116 out of the 118 sectors have increases in DC rates ranging from 3% to 17%. There is no change to the DC rates for the remaining 2 sectors.

The largest increase of 17.4% was seen in eight sectors covering areas that include Outram Road, Chinatown, New Bridge Road, Selegie Road, Victoria Street, Jalan Besar, Geylang Road amongst others.

“We believe the increase in the commercial use DC rates in these areas are mainly due to the bullish valuations in the shophouse segments in these locations, as well as the rising office and stabilising retail markets in general,” said Tricia Song, head of research for Singapore, Colliers International.

Desmond Sim, head of research, Singapore & Southeast Asia, CBRE, concurred and noted that sectors 15, 16 and 21 also all registered 16.7% increases.

Residential, non-landed
The DC rates for Use Group B2 or Residential, non-landed have decreased by 5.5% on average, the first decline in DC rates for this Use Group since September 2016. 94 out of 118 sectors have reduction in DC rates ranging from 4% to 13%. Rates are unchanged for the remaining 24 sectors.

“On the back of a muted collective sale market and the lower-than-expected land bids arising from Kampong Java and Dairy Farm Road sites, subdued land price expectations followed,” Sim commented. The executive noted that both sectors 91 and 94 saw downward DC revisions of 13.3% each, whilst sectors 93 and 104 saw corrections of 13.0% each.

“There has been a lack of residential land transactions since July 2018. The largest declines in non-landed residential DC rates, appear to be in city fringe areas with large potential future supply such as East Coast and Hougang,” Song added.

“Whilst these identified sectors do not correspond directly with the two GLS sites that had lower-than-expectation bids, it should be noted that these sectors are part of the new areas identified by the ‘Revision to Guidelines for Maximum Allowable Dwelling in Non-Landed Residential Developments Outside the Central Area’ that took effect from 17 January 2019,” Sim said.

Hotel/hospital
The DC rates for Use Group C (Hotel/hospital) have increased by 45.6% on average. According to Colliers, this is the highest rate of increase on record. This is also the second consecutive hike in DC rates for this Use Group, following the 11.8% average increase announced in the previous revision on 31 August 2018, Song added.

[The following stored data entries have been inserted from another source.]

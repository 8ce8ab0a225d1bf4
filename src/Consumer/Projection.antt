-- ===== src/Consumer/Projection.antt =====
-- The system of the context service, the provenance service and the event consumer, over any network
-- (services/event-consumer/src/event_consumer/service.py, process_once).
use control_architecture.Base.{
  ℕ, String, some, List, [], ◌∷◌, ◌≡◌, refl, sym, ◌∙◌, ap, arith, Result, ok, err, Exec, continue,
  ◌>>=◌, pure, All-find, find-holds, string_eq, count, exists-count_pos,
}
use control_architecture.Contracts.Literals.{OutboxStatus}
use control_architecture.Contracts.Envelopes.{Time}
use control_architecture.Contracts.Events.{TaskLifecycleOutboxEvent}
use control_architecture.Context.Models.{OutboxEvent, TaskCreateRequest, TaskStatePatchRequest}
use control_architecture.Context.Outbox.{get_outbox_event}
use control_architecture.Context.Repository.{Tokens, has_event_id, create_task, update_task_state}
use control_architecture.Provenance.Repository.{has_source}
use control_architecture.Provenance.Calls.{Operation, step}
use control_architecture.Consumer.Service.{
  ClientError, event_id, project_event, attempt, settle, process_event, process_events,
  process_once, tally, dispatch_failure, dispatch_response,
}
use control_architecture.Consumer.Network.{
  World, empty_world, Network, clients, claim_events, complete_event, fail_event,
  ensure_task_provenance, append_state_transition,
}
use control_architecture.Consumer.Consistent.{
  IsRecorded, IsProjected, empty-IsConsistent, provenance-IsConsistent, create-IsConsistent,
  patch-IsConsistent,
}
use control_architecture.Consumer.Requests.{
  Inv, claim_keeps, complete_keeps, fail_keeps, provenance_keeps, transition_keeps,
  append-IsRecorded,
}

-- What happens to the system: a task is created or patched, the provenance service is sent a request
-- of its own, or the consumer dispatches.
pub data Action : Type 0 where
  create : Time → Tokens → TaskCreateRequest → Action
  patch : Time → Tokens → String → TaskStatePatchRequest → Action
  provenance : Operation → Action
  dispatch : ℕ → ℕ → Action

unfoldable pub act : Network → Action → World → World
act n (Action.create now tokens p) w = record w { context = (create_task now tokens p w.context).1 }
act n (Action.patch now tokens id p) w = record w {
  context = (update_task_state now tokens id p w.context).1;
}
act n (Action.provenance o) w = record w { provenance = step o w.provenance }
act n (Action.dispatch limit lease) w = (process_once (clients n) limit lease w).1

unfoldable pub acts : Network → List Action → World → World
acts n [] w = w
acts n (a ∷ r) w = acts n r (act n a w)

continue_keeps :
    {A B : Type 0} (r : Result ClientError A) (f : A → Exec World ClientError B) (w : World)
    → Inv w
    → ((a : A) → r ≡ ok a → Inv (f a w).1)
    → Inv (continue r f w).1
continue_keeps (ok a) f w h k = k a refl
continue_keeps (err e) f w h k = h

continue_ok :
    {A B : Type 0} (r : Result ClientError A) (f : A → Exec World ClientError B) (w : World) (b : B)
    → (continue r f w).0 ≡ ok b
    → (a : A) × (continue r f w ≡ f a w)
continue_ok (ok a) f w b h = (a, refl)
continue_ok (err e) f w b h = cc

seq_keeps :
    {A B : Type 0} (m : Exec World ClientError A) (f : A → Exec World ClientError B) (w : World)
    → Inv (m w).1
    → ((a : A) → (m w).0 ≡ ok a → Inv (f a (m w).1).1)
    → Inv ((m >>= f) w).1
seq_keeps m f w h k = continue_keeps (m w).0 f (m w).1 h k

module _ (n : Network) where
  project_keeps :
      (e : TaskLifecycleOutboxEvent) (w : World) → Inv w → Inv (project_event (clients n) e w).1
  unfolding project_event
  project_keeps (TaskLifecycleOutboxEvent.created b p) w h =
      let k = provenance_keeps n p.task_id p.provenance w h in
      seq_keeps (ensure_task_provenance n p.task_id p.provenance)
        (λ u. append_state_transition n p.task_id p.transition b.event_id) w k
        (λ a e.
          transition_keeps n p.task_id p.transition b.event_id
            (ensure_task_provenance n p.task_id p.provenance w).1 k)
  project_keeps (TaskLifecycleOutboxEvent.state_changed b p) w h =
      transition_keeps n p.task_id p.transition b.event_id w h

  -- An event that was projected without an error is recorded.
  project-IsRecorded :
      (e : TaskLifecycleOutboxEvent) (w : World) (u : Unit {0})
      → (project_event (clients n) e w).0 ≡ ok u
      → IsRecorded (project_event (clients n) e w).1.provenance (event_id e)
  unfolding project_event
  project-IsRecorded (TaskLifecycleOutboxEvent.created b p) w u h =
      let w' = (ensure_task_provenance n p.task_id p.provenance w).1 in
      let (a, same) =
        continue_ok (ensure_task_provenance n p.task_id p.provenance w).0
          (λ u. append_state_transition n p.task_id p.transition b.event_id) w' u h in
      rw same
        (append-IsRecorded n p.task_id p.transition b.event_id w' (sym (ap (λ o. o.0) same) ∙ h))
  project-IsRecorded (TaskLifecycleOutboxEvent.state_changed b p) w u h =
      append-IsRecorded n p.task_id p.transition b.event_id w h

  attempt_keeps :
      (e : TaskLifecycleOutboxEvent) (w : World) → Inv w → Inv (attempt (clients n) e w).1
  unfolding attempt
  attempt_keeps e w h =
      let k = project_keeps e w h in
      seq_keeps (project_event (clients n) e) (λ u. complete_event n (event_id e)) w k
        (λ u done.
          complete_keeps n (event_id e) (project_event (clients n) e w).1 k
            (project-IsRecorded e w u done))

  settle_keeps :
      (e : TaskLifecycleOutboxEvent) (r : Result ClientError (Unit {0})) (w : World)
      → Inv w
      → Inv (settle (clients n) e r w).1
  unfolding settle
  settle_keeps e (ok u) w h = h
  settle_keeps e (err x) w h =
      let k = fail_keeps n (event_id e) x.message w h in
      seq_keeps (fail_event n (event_id e) x.message) (λ u. pure (some (dispatch_failure e x))) w k
        (λ u done. k)

  process_keeps :
      (es : List TaskLifecycleOutboxEvent) (w : World)
      → Inv w
      → Inv (process_events (clients n) es w).1
  unfolding process_events process_event
  process_keeps [] w h = h
  process_keeps (e ∷ es) w h =
      let a = attempt (clients n) e w in
      let w' = (process_event (clients n) e w).1 in
      let k = settle_keeps e a.0 a.1 (attempt_keeps e w h) in
      seq_keeps (process_event (clients n) e)
        (λ o. process_events (clients n) es >>= λ t. pure (tally o t)) w k
        λ o done.
          let q = process_keeps es w' k in
          seq_keeps (process_events (clients n) es) (λ t. pure (tally o t)) w' q (λ t last. q)

  pub dispatch_keeps :
      (limit lease : ℕ) (w : World) → Inv w → Inv (process_once (clients n) limit lease w).1
  unfolding process_once
  dispatch_keeps limit lease w h =
      let k = claim_keeps n limit lease w h in
      let w' = (claim_events n limit lease w).1 in
      seq_keeps (claim_events n limit lease)
        (λ es. process_events (clients n) es >>= λ t. pure (dispatch_response (clients n) es t)) w k
        λ es done.
          let q = process_keeps es w' k in
          seq_keeps (process_events (clients n) es) (λ t. pure (dispatch_response (clients n) es t))
            w' q (λ t last. q)

  act_keeps : (a : Action) (w : World) → Inv w → Inv (act n a w)
  unfolding act
  act_keeps (Action.create now tokens p) w h =
      create-IsConsistent w.provenance now tokens p w.context h
  act_keeps (Action.patch now tokens id p) w h =
      patch-IsConsistent w.provenance now tokens id p w.context h
  act_keeps (Action.provenance o) w h = provenance-IsConsistent o w.context w.provenance h
  act_keeps (Action.dispatch limit lease) w h = dispatch_keeps limit lease w h

  acts_keeps : (actions : List Action) (w : World) → Inv w → Inv (acts n actions w)
  unfolding acts
  acts_keeps [] w h = h
  acts_keeps (a ∷ r) w h = acts_keeps r (act n a w) (act_keeps a w h)

  -- Whatever happens to the system from its empty start, and whichever requests and responses of the
  -- consumer the network loses: the outbox event under an id, if it is completed, has exactly one
  -- transition in the state history.
  pub projected_once :
      (actions : List Action) (id : String) (e : OutboxEvent)
      → get_outbox_event id (acts n actions empty_world).context ≡ some e
      → e.status ≡ OutboxStatus.completed
      → count (has_source id) (acts n actions empty_world).provenance.state_history ≡ 1
  unfolding get_outbox_event
  projected_once actions id e found done =
      let w = acts n actions empty_world in
      let h = acts_keeps actions empty_world empty-IsConsistent in
      let named : e.event_id ≡ id =
        ground (arith, find-holds (has_event_id id) w.context.outbox e found) in
      let recorded : IsRecorded w.provenance e.event_id =
        All-find (IsProjected w.provenance) (has_event_id id) w.context.outbox e h.projected found
          done in
      omega (
        arith,
        h.unique.at_source id,
        exists-count_pos (has_source id) w.provenance.state_history (rw named at recorded),
      )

116 out of the 118 sectors have increases in DC rates ranging from 7% to 74%. Sectors 25, 26, 28, 29, 30, 32, 33 and 34 saw an increase of 73.9% each in the DC rates.

There is no change to the DC rates for the remaining 2 sectors. “The sharper upward revision was expected, in view of the rosier outlook for the hospitality sector, amid stronger tourism performance,” Song commented.

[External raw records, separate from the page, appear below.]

-- ===== src/Consumer/Examples.antt =====
-- The system on concrete actions.
use control_architecture.Base.{
  ◌+◌, none, some, List, [], ◌∷◌, ◌≡◌, refl, count, ◌==◌, nat_eq, if◌then◌else◌, string_discrete,
  ℕ_discrete, find, exists, select, update, order_by, insert_by, is_in,
}
use control_architecture.Contracts.Literals.{
  Rail, TaskStatus, BeneficiaryStatus, ApprovalStatus, OutboxStatus, OutboxStatus-discrete,
}
use control_architecture.Contracts.Json.{Fields}
use control_architecture.Contracts.Events.{validate_event}
use control_architecture.Context.Models.{OutboxEvent, TaskCreateRequest}
use control_architecture.Context.Repository.{
  Tokens, create_task, new_task, created_event, violates_unique,
}
use control_architecture.Context.Outbox.{
  claimable, order_by_created_at, limited, selected, event_ids, claim_outbox_events, failed,
  complete_outbox_event, fail_outbox_event, change_event, change_found, get_outbox_event,
}
use control_architecture.Context.Api.{
  post_claim, post_complete, post_fail, parse_event, parse_events,
}
use control_architecture.Provenance.Repository.{
  has_source, create_task_provenance, provenance_lookup, get_task_provenance, new_provenance,
  add_state_transition, transition_existing, transition_task, existing_transition, new_transition,
  get_state_transition_by_source_event,
}
use control_architecture.Provenance.Api.{post_task_provenance, create_state_transition}
use control_architecture.Consumer.Service.{
  DispatchResponse, project_event, attempt, settle, process_event, process_events, process_once,
}
use control_architecture.Consumer.Network.{
  World, empty_world, Network, Delivery, request, claim_events, complete_event, fail_event,
  ensure_task_provenance, append_state_transition,
}
use control_architecture.Consumer.Projection.{Action, act, acts, projected_once}

-- The answer to the completion, the fourth request, is lost.
abbrev network : Network
network = record {
  clock = λ k. k + 10;
  delivery = λ k. if k == 3 then Delivery.lost_response else Delivery.delivered;
}

abbrev pub new_payment : TaskCreateRequest
new_payment = record {
  task_id = none;
  payment_id = none;
  customer_id = "cust_1";
  rail = Rail.ach;
  amount_usd = 250000;
  status = TaskStatus.received;
  beneficiary_status = BeneficiaryStatus.unknown;
  approval_status = ApprovalStatus.pending;
  task_metadata = Fields.end;
  provenance = record {
    initiated_by = "user.ops";
    last_updated_by = none;
    policy_context_id = none;
    trace_id = none;
  };
}

abbrev pub event_tokens : Tokens
event_tokens = record { task = "t1"; payment = "p1"; event = "e1" }

abbrev creation : List Action
creation = Action.create 1 event_tokens new_payment ∷ []

abbrev two_dispatches : List Action
two_dispatches =
    Action.create 1 event_tokens new_payment ∷ Action.dispatch 50 30 ∷ Action.dispatch 50 30 ∷ []

abbrev created : World
created = acts network creation empty_world

-- The completed event is reported as failed, since its answer was lost.
abbrev first_answer : DispatchResponse
first_answer = record {
  claimed_count = 1;
  processed_count = 0;
  failed_count = 1;
  failures =
      record {
        event_id = "evt_e1";
        event_type = "task.lifecycle.created.v1";
        error_message = "Failed to complete outbox event evt_e1.";
      }
      ∷ [];
}

-- The event after the second dispatch: it was claimed twice, and completed in the end.
abbrev completed_event : OutboxEvent
completed_event =
    record (created_event 1 event_tokens new_payment (new_task 1 event_tokens new_payment)) {
      status = OutboxStatus.completed;
      attempt_count = 2;
      claimed_at = some 15;
      processed_at = some 18;
      updated_at = 18;
    }

event_found :
    get_outbox_event "evt_e1" (acts network two_dispatches empty_world).context
    ≡ some completed_event
unfolding acts act create_task new_task created_event violates_unique find exists string_discrete
    claimable insert_by order_by order_by_created_at limited selected event_ids claim_outbox_events
    select update is_in ℕ_discrete process_once process_events process_event attempt settle
    project_event request claim_events complete_event fail_event ensure_task_provenance
    append_state_transition post_claim post_complete post_fail parse_event parse_events
    validate_event post_task_provenance create_state_transition create_task_provenance
    provenance_lookup get_task_provenance new_provenance add_state_transition transition_existing
    transition_task existing_transition new_transition get_state_transition_by_source_event
    complete_outbox_event fail_outbox_event change_event change_found get_outbox_event failed
    OutboxStatus-discrete
event_found = refl

projected_once_example :
    count (has_source "evt_e1") (acts network two_dispatches empty_world).provenance.state_history
    ≡ 1
projected_once_example =
    projected_once network two_dispatches "evt_e1" completed_event event_found refl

According to Song, the number of hotel deals have picked up in recent months, with some bullish transaction prices such as the collective sales of Waterloo Apartments and Golden Wall Centre (both to be converted to hotel use), the government land sale of Club Street hotel site, and the private sale of Ascott Raffles Place serviced apartments.

Sim noted that Golden Wall Centre, which was transacted in November 2018 for $2,331 psf per GFA, was announced that it is likely to be converted for Hotel use. “Similarly, Waterloo Apartments has the same intention of change of use to Hotel. It is located in sector 27, which also saw an increase of 66.7%,” he added.

“The recent GLS site for Hotels that was sited along Club Street, saw a healthy bidding of 8 bidders, of which the winning bid was 12.4% above the runner up. This site is located in sector 16 which saw an increase of 52.8%,” the executive commented.

“These transactions could have contributed to the broad-based and significant increase in DC rates in hotels,” Song added.

According to the Urban Redevelopment Authority (URA), if there is any disagreement over the DC payable for any development proposal calculated based on the rates under the respective Use Groups, developers and owners can opt for a case-by-case valuation by the Chief Valuer, as provided for in the Planning Act.